>>

module _ (pool_cfg : PoolConfig) (op : Request) (v : IsSliced pool_cfg op) where
  module _ (present : ℕ → Bool)
      (same : (k x : ℕ)
        → op.offset + k * pool_cfg.bitmap_granularity ≤ x
        → x < op.offset + k * pool_cfg.bitmap_granularity + pool_cfg.bitmap_granularity
        → x < 2 ^ 64
        → present x ≡ present (op.offset + k * pool_cfg.bitmap_granularity))
      (scrap_len : ℕ) (some_scrap : 0 < scrap_len) (dirty_copied : Bool)
      (bytes : is_bare op ≡ false) where
    -- A byte is there, and the operation asks.
    abbrev is_skipped : ℕ → Bool
    is_skipped x = is_partial op dirty_copied && present x

    -- The granules between two of them.
    granules_between :
        (b e : ℕ)
        → IsAt pool_cfg op v b
        → IsAt pool_cfg op v e
        → b < e
        → e ≤ op.offset + op.len
        → (j : ℕ) × (b + j * pool_cfg.bitmap_granularity ≡ e)
          × ((i : ℕ)
              → i < j
              → IsGranule present b
                  (b - op.offset)
                  pool_cfg.bitmap_granularity
                  (b + i * pool_cfg.bitmap_granularity))
    granules_between b e (k, at_b) (l, at_e) l_be high =
        let g : ℕ = pool_cfg.bitmap_granularity in
        let order : k < l = lt_of_mul-lt-mul_right g (omega (arith, at_b, at_e, l_be)) in
        let d : k + (l - k) ≡ l = omega arith in
        let whole : b + (l - k) * g ≡ e =
          omega (arith, at_b, at_e, add-mul k (l - k) g, ap (λ (t : ℕ). t * g) d) in
        (
          l - k,
          whole,
          λ i l_i x low up.
              let m : suc i * g ≤ (l - k) * g = mul-le-mul_right g l_i in
              let here : b + i * g ≡ op.offset + (k + i) * g = omega (arith, at_b, add-mul k i g) in
              rw here (
                same (k + i) x (omega (arith, low, here)) (omega (arith, up, here))
                  (omega (arith, up, m, suc-mul i g, whole, high, v.range))),
        )

    slice_part-IsCut :
        (b e : ℕ)
        → IsAt pool_cfg op v b
        → IsAt pool_cfg op v e
        → b < e
        → e ≤ op.offset + op.len
        → IsCut is_skipped b (b - op.offset) b e (
            slice_part op present pool_cfg.bitmap_granularity scrap_len dirty_copied b e
              (b - op.offset))
    unfolding slice_part add_iov pieces_size piece_byte
    slice_part-IsCut b e at_b at_e l high = elim (Bool-cases (is_partial op dirty_copied)) [
      | inl y ↦
          let (j, whole, granules) = granules_between b e at_b at_e l high in
          let skip : (λ x. is_skipped x) ≡ present =
            fun_ext (λ x. ap (λ (c : Bool). c && present x) y) in
          rw y (
            subst
              (λ p.
                IsCut p b (b - op.offset) b e
                  (trim_part present pool_cfg.bitmap_granularity scrap_len b e (b - op.offset)))
              (sym skip)
              (trim_part-IsCut present pool_cfg.bitmap_granularity scrap_len b e (b - op.offset) j
                some_scrap v.granule granules whole))
      | inr n ↦
          let some_size : (e - b == 0) ≡ false = ground (arith, l) in
          rw (n, bytes, some_size)
            record {
              from = omega arith;
              order = omega (arith, l);
              to = omega arith;
              next = refl;
              size = omega arith;
              cells = λ x low up. ground (arith, low, up, n);
            }
    ]

    -- The stripe of the last byte
    last : ℕ
    last = (op.offset + op.len - 1) / pg_block_size pool_cfg

    -- What the bytes from a position on are to be read into or written from.
    abbrev target : ℕ → ℕ → Option ℕ
    target low x =
        if leb low x && ltb x (op.offset + op.len)
        then (if is_skipped x then none else some (x - op.offset))
        else none

    touched :
        (q : ℕ)
        → q ≤ last
        → op.offset < q * pg_block_size pool_cfg + pg_block_size pool_cfg
        → IsTouched pool_cfg op v q
    unfolding last
    touched q l m = record {
      starts = omega (
        arith,
        mul-le-mul_right (pg_block_size pool_cfg) l,
        (last_bounds (op.offset + op.len) (pg_block_size pool_cfg) v.block
            (omega (arith, v.some_len))).0,
      );
      ends = m;
    }

    -- One part and those behind it.
    user_byte-cons :
        (b e low x : ℕ) (part : Part) (r : ℕ × ℕ × ℕ × List Piece) (rest : List Part)
        → op.offset ≤ b
        → e ≤ op.offset + op.len
        → IsCut is_skipped b (b - op.offset) b e r
        → (low ≡ e) ⊎ ((op.offset + op.len ≤ low) × (e ≡ op.offset + op.len))
        → part.offset ≡ r.0
        → part.len ≡ r.1 - r.0
        → part.iov ≡ r.3
        → user_byte rest x ≡ target low x
        → user_byte (part ∷ rest) x ≡ target b x
    unfolding user_byte
    user_byte-cons b e low x part (b', e', next, iov) rest lb he cut next_low pb pl pi ih =
        let same_end : part.offset + part.len ≡ e' = omega (arith, pb, pl, cut.order) in
        let place : b ≤ x → b - op.offset + (x - b) ≡ x - op.offset = λ l. omega (arith, l, lb) in
        let piece : piece_byte part.iov (x - part.offset) ≡ piece_byte iov (x - b') =
          rw (pb, pi) refl in
        rw (same_end, piece, pb)
          (elim (dec_lt x b) [
            | yes y ↦ ground (arith, y, ih, cut.from, cut.to, cut.order, next_low)
            | no n ↦ elim (dec_lt x e) [
              | no m ↦ ground (arith, n, m, ih, cut.from, cut.to, cut.order, next_low, he)
              | yes m ↦
                  let at : b - op.offset + (x - b) ≡ x - op.offset = place (omega (arith, n)) in
                  let cell = cut.cells x (omega (arith, n)) m in
                  ground (arith, rw at at cell, n, m, ih, next_low, he)
            ]
          ])

    -- What the loop makes of a stripe
    abbrev sliced : ℕ → ℕ × ℕ × ℕ × List Piece
    sliced q =
        let b = stripe_begin op (q * pg_block_size pool_cfg) in
        slice_part op present pool_cfg.bitmap_granularity scrap_len dirty_copied b
          (stripe_end pool_cfg op (q * pg_block_size pool_cfg)) (b - op.offset)

    sliced-IsCut :
        (q : ℕ)
        → IsTouched pool_cfg op v q
        → (let b = stripe_begin op (q * pg_block_size pool_cfg) in
            IsCut is_skipped b
              (b - op.offset)
              b
              (stripe_end pool_cfg op (q * pg_block_size pool_cfg))
              (sliced q))
    sliced-IsCut q t =
        let (low, above, order, high, inside) = bounds pool_cfg op v q t in
        slice_part-IsCut (stripe_begin op (q * pg_block_size pool_cfg))
          (stripe_end pool_cfg op (q * pg_block_size pool_cfg)) (begin-IsAt pool_cfg op v q)
          (end-IsAt pool_cfg op v q t.starts t.ends) order high

    slice_from_step :
        (n q pos : ℕ)
        → q ≤ last
        → IsTouched pool_cfg op v q
        → pos ≡ stripe_begin op (q * pg_block_size pool_cfg) - op.offset
        → slice_from pool_cfg op present scrap_len dirty_copied
            (suc n)
            (q * pg_block_size pool_cfg)
            pos
          ≡ make_part pool_cfg op dirty_copied (q * pg_block_size pool_cfg) (sliced q)
            ∷ slice_from pool_cfg op present scrap_len dirty_copied n
                (suc q * pg_block_size pool_cfg)
                (sliced q).2
    unfolding slice_from last
    slice_from_step n q pos l t at =
        let next : add64 (q * pg_block_size pool_cfg) (pg_block_size pool_cfg)
            ≡ suc q * pg_block_size pool_cfg =
          omega (arith, suc-mul q (pg_block_size pool_cfg), t.starts, v.range) in
        let go : leb (q * pg_block_size pool_cfg) (last_stripe pool_cfg op.offset op.len) ≡ true =
          le→leb _ _ (
            omega
              (arith, last_stripe-eq pool_cfg op v, mul-le-mul_right (pg_block_size pool_cfg) l)) in
        rw (at, next, go) refl

    abbrev IsSlicedFrom : ℕ → ℕ → List Part → Type 0
    IsSlicedFrom n q parts =
        IsPlaced pool_cfg q parts
        × (length parts ≡ n)
        × ((x : ℕ) → user_byte parts x ≡ target (stripe_begin op (q * pg_block_size pool_cfg)) x)

    next-end :
        (q : ℕ)
        → IsTouched pool_cfg op v q
        → (stripe_begin op (suc q * pg_block_size pool_cfg)
            ≡ stripe_end pool_cfg op (q * pg_block_size pool_cfg))
          ⊎ ((op.offset + op.len ≤ stripe_begin op (suc q * pg_block_size pool_cfg))
              × (stripe_end pool_cfg op (q * pg_block_size pool_cfg) ≡ op.offset + op.len))
    next-end q t =
        let s : ℕ = q * pg_block_size pool_cfg in
        let b : ℕ = pg_block_size pool_cfg in
        let e = next-begin pool_cfg op v q t.ends in
        let f = end-eq pool_cfg op v s t.starts in
        elim (Bool-cases (ltb (s + b) (op.offset + op.len))) [
          | inl y ↦ inl (e ∙ sym (f ∙ rw y refl))
          | inr n ↦ inr (ground (arith, e, n), f ∙ rw n refl)
        ]

    make_part-IsSlicedFrom :
        (n q : ℕ) (rest : List Part)
        → q ≤ last
        → IsTouched pool_cfg op v q
        → IsSlicedFrom n (suc q) rest
        → IsSlicedFrom
            (suc n)
            q
            (make_part pool_cfg op dirty_copied (q * pg_block_size pool_cfg) (sliced q) ∷ rest)
    unfolding make_part last
    make_part-IsSlicedFrom n q rest l t (placed, count, cells) =
        let (low, above, order, high, inside) = bounds pool_cfg op v q t in
        let cut = sliced-IsCut q t in
        let size : ((sliced q).1 - (sliced q).0) % 2 ^ 32 ≡ (sliced q).1 - (sliced q).0 =
          omega (arith, cut.from, cut.to, above, inside, pg_block_size-lt pool_cfg) in
        let begin_next = next-begin pool_cfg op v q t.ends in
        let next_low = next-end q t in
        (
          (
            omega (arith, above, cut.from),
            rw bytes (omega (arith, size, cut.to, inside, cut.order)),
            refl,
            rw bytes (cut.size ∙ sym size),
            placed,
          ),
          ap suc count,
          λ x.
              user_byte-cons (stripe_begin op (q * pg_block_size pool_cfg))
                (stripe_end pool_cfg op (q * pg_block_size pool_cfg))
                (stripe_begin op (suc q * pg_block_size pool_cfg)) x
                (make_part pool_cfg op dirty_copied (q * pg_block_size pool_cfg) (sliced q))
                (sliced q) rest low high cut next_low refl (rw bytes size) refl (cells x),
        )

    next-pos :
        (q : ℕ)
        → q < last
        → IsTouched pool_cfg op v q
        → (sliced q).2 ≡ stripe_begin op (suc q * pg_block_size pool_cfg) - op.offset
    unfolding last
    next-pos q l t =
        let (low, above, order, high, inside) = bounds pool_cfg op v q t in
        let cut = sliced-IsCut q t in
        let next = touched (suc q) l (omega (arith, t.ends, suc-mul q (pg_block_size pool_cfg))) in
        elim (next-end q t) [
          | inl e ↦ omega (arith, cut.next, e, order, low)
          | inr (far, e) ↦ absurd (
              omega (
                arith,
                far,
                next.starts,
                next-begin pool_cfg op v q t.ends,
                suc-mul q (pg_block_size pool_cfg),
              ))
        ]

    behind_last :
        (q : ℕ) → last < q → op.offset + op.len ≤ stripe_begin op (q * pg_block_size pool_cfg)
    unfolding last stripe_begin
    behind_last q l =
        let b : ℕ = pg_block_size pool_cfg in
        let (starts, ends) =
          last_bounds (op.offset + op.len) b v.block (omega (arith, v.some_len)) in
        let far : suc last * b ≤ q * b = mul-le-mul_right b l in
        ground (arith, ends, far, suc-mul last b, v.some_len)

    slice_from_lem :
        (n q pos : ℕ)
        → q + n ≡ last + 1
        → op.offset < q * pg_block_size pool_cfg + pg_block_size pool_cfg
        → (0 < n → pos ≡ stripe_begin op (q * pg_block_size pool_cfg) - op.offset)
        → IsSlicedFrom n q (
            slice_from pool_cfg op present scrap_len dirty_copied n
              (q * pg_block_size pool_cfg)
              pos)
    unfolding user_byte slice_from
    slice_from_lem zero q pos count m at =
        (tt, refl, λ x. ground (arith, behind_last q (omega (arith, count))))
    slice_from_lem (suc n) q pos count m at =
        let l : q ≤ last = omega (arith, count) in
        let t = touched q l m in
        let later =
          slice_from_lem n (suc q) (sliced q).2 (omega (arith, count))
            (omega (arith, m, suc-mul q (pg_block_size pool_cfg)))
            (λ more. next-pos q (omega (arith, count, more)) t) in
        rw (slice_from_step n q pos l t (at (omega arith))) (
          make_part-IsSlicedFrom n q
            (slice_from pool_cfg op present scrap_len dirty_copied n
              (suc q * pg_block_size pool_cfg) (sliced q).2)
            l t later)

<<

* **Work required**
Your response should contain each line of the entries above that holds the string "cons".

* **Your response**
    user_byte-cons :
    user_byte-cons b e low x part (b', e', next, iov) rest lb he cut next_low pb pl pi ih =
              user_byte-cons (stripe_begin op (q * pg_block_size pool_cfg))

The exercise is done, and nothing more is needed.